Israeli Diaspora Affairs and Combating Antisemitism Minister Amichai Chikli on Sunday night joined a patrol on the border with Egypt, during which he said he witnessed “at least 10 heavy drones” crossing the fence.
“Each drone can carry four MAG machine guns or ten long weapons. This means 40 machine guns crossed into our territory—and that’s in just a two-hour patrol,” the member of the ruling Likud Party added.
In the wake of the Oct. 7, 2023, Hamas-led massacre from Gaza, the drone infiltrations should “raise 1,200 red flags,” according to Chikli.
The Cabinet minister in his post on X also raised concerns over a TikTok video clip uploaded by Egyptians documenting the movements of Be’er Milka’s civilian security coordinator. “A very bad video,” Chikli tweeted.
Egypt’s Sinai Peninsula, long a hub for smuggling because of its rugged terrain and weak security, remains difficult to control.
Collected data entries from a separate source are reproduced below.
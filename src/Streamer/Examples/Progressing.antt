-- ===== src/Streamer/Examples/Progressing.antt =====
-- A run of the whole loop: a full batch, a batch without an event, and a message left in the buffer.
use fps_anticheat_data_platf.Prelude.{◌≡◌, refl, ◌++◌, true, List, [], ◌∷◌, is_empty, All}
use fps_anticheat_data_platf.Prelude.Int.{ℤ, pos}
use fps_anticheat_data_platf.Prelude.Text.{trim, all_hex}
use fps_anticheat_data_platf.Prelude.Result.{ok}
use fps_anticheat_data_platf.Streamer.Domain.{ConsumeOutcome, valid, invalid}
use fps_anticheat_data_platf.Streamer.Accumulator.{
  PartitionOffsets, BatchAccumulatorConfig, BatchAccumulator, CompletedBatch, new, Poll, received,
  poll_error, timed_out, poll_step,
}
use fps_anticheat_data_platf.Streamer.Accumulator.Batches.{Holds}
use fps_anticheat_data_platf.Streamer.Accumulator.Stream.{poll_all, outcomes_of, SplitsAs}
use fps_anticheat_data_platf.Streamer.Validator.{
  validate_batch, validate_each, validate_any, reasons_of, validate_event_id, validate_identifier,
  validate_payload, validate_player_stat, validate_common_times, check_each, push_if,
}
use fps_anticheat_data_platf.Streamer.Dedup.{deduplicate_batch, deduplicate_each, contains}
use fps_anticheat_data_platf.Streamer.Breaker.{can_spawn, read_cpu, read_mem, decide}
use fps_anticheat_data_platf.Streamer.Parquet.{read_parquet_bytes, collect_batches}
use fps_anticheat_data_platf.Streamer.Action.{Effect, World}
use fps_anticheat_data_platf.Streamer.App.{run}
use fps_anticheat_data_platf.Streamer.App.Durable.{deduplicated}
use fps_anticheat_data_platf.Streamer.App.Successes.{GivesBack}
use fps_anticheat_data_platf.Streamer.App.Progress.{
  StaysHealthy, IsReadable, Processed, run_gets_through,
}
use fps_anticheat_data_platf.Streamer.Examples.{good, bad, message, broken, start, watched}
use fps_anticheat_data_platf.Streamer.Examples.Application.{services-IsHealthy, three_table}
use fps_anticheat_data_platf.Streamer.Examples.Serving.{services, bronze_of_three}

abbrev three_at_most : BatchAccumulatorConfig
three_at_most = record { max_records = 3; max_bytes = 4096000; flush_interval = 100 }

abbrev rounds : List Poll
rounds =
    received 1 (valid (message good (pos 0) (pos 7)))
    ∷ received 2 (valid (message good (pos 0) (pos 8)))
    ∷ poll_error
    ∷ received 3 (valid (message bad (pos 0) (pos 9)))
    ∷ received 4 (invalid (broken (pos 0) (pos 10)))
    ∷ timed_out 900
    ∷ received 901 (valid (message good (pos 0) (pos 11)))
    ∷ []

abbrev span : ℤ → ℤ → PartitionOffsets
span first last = record { partition = pos 0; min_offset = first; max_offset = last } ∷ []

abbrev full : CompletedBatch
full = record {
  batch_id = "b1";
  events = good ∷ good ∷ bad ∷ [];
  malformed_messages = [];
  partition_offsets = span (pos 7) (pos 9);
  record_count = 3;
  estimated_bytes = 892;
}

abbrev malformed : CompletedBatch
malformed = record {
  batch_id = "b1";
  events = [];
  malformed_messages = broken (pos 0) (pos 10) ∷ [];
  partition_offsets = span (pos 10) (pos 10);
  record_count = 1;
  estimated_bytes = 148;
}

abbrev goal : BatchAccumulator × List CompletedBatch
goal = poll_all services.sha256 rounds (new three_at_most 0)

goal_batches : goal.1 ≡ full ∷ malformed ∷ []
unfolding poll_all poll_step new
goal_batches = refl

full_records : (deduplicated services full).unique_records ≡ good ∷ []
unfolding validate_batch validate_each validate_any reasons_of validate_event_id validate_identifier
    validate_payload validate_player_stat validate_common_times check_each push_if deduplicate_batch
    deduplicate_each contains trim all_hex
full_records = refl

malformed_records : is_empty (deduplicated services malformed).unique_records ≡ true
unfolding validate_batch validate_each deduplicate_batch deduplicate_each
malformed_records = refl

full-GivesBack : GivesBack services full
unfolding read_parquet_bytes collect_batches
full-GivesBack = record {
  manifest = λ checksum. (1 ∷ [], "{}", refl, refl, refl);
  bronze = λ table bytes made written some_row.
      (bronze_of_three ∷ [], refl, refl, rw (three_table table (rw full_records at made)) refl);
}

goal-IsReadable : All (IsReadable services) goal.1
goal-IsReadable =
    rw goal_batches ((λ _. full-GivesBack), ((λ e. absurd (cc (malformed_records, e))), tt))

services-StaysHealthy : StaysHealthy services (λ b. b ≡ watched)
unfolding can_spawn read_cpu read_mem decide
services-StaysHealthy = record {
  healthy = λ b e. rw e services-IsHealthy;
  stays = λ b l e. rw e refl;
}

run_gets_through_example :
    (rest : List ConsumeOutcome) × Holds rest goal.0
    × SplitsAs (outcomes_of rounds) goal.1 rest
    × (w' : World) × (log : List Effect) × (run services rounds (new three_at_most 0) start
        ≡ (ok goal.0, w'))
    × (w'.log ≡ [] ++ log)
    × Processed services goal.1 [] log
run_gets_through_example =
    run_gets_through services (λ b. b ≡ watched) services-StaysHealthy three_at_most 0 rounds start
      refl goal-IsReadable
Despite Cairo’s efforts to crack down on smuggling routes and strengthen security, traffickers are increasingly using drones to evade authorities.
The IDF Spokesperson’s Unit said in a statement to Ynet on Monday that it was “aware of the growing phenomenon of smuggling via drones and is operating in cooperation with the police, while maintaining close monitoring through a variety of methods and means, including observations, intelligence gathering, and collection.”
The military also said work was being carried out to “improve the operational response in the area.”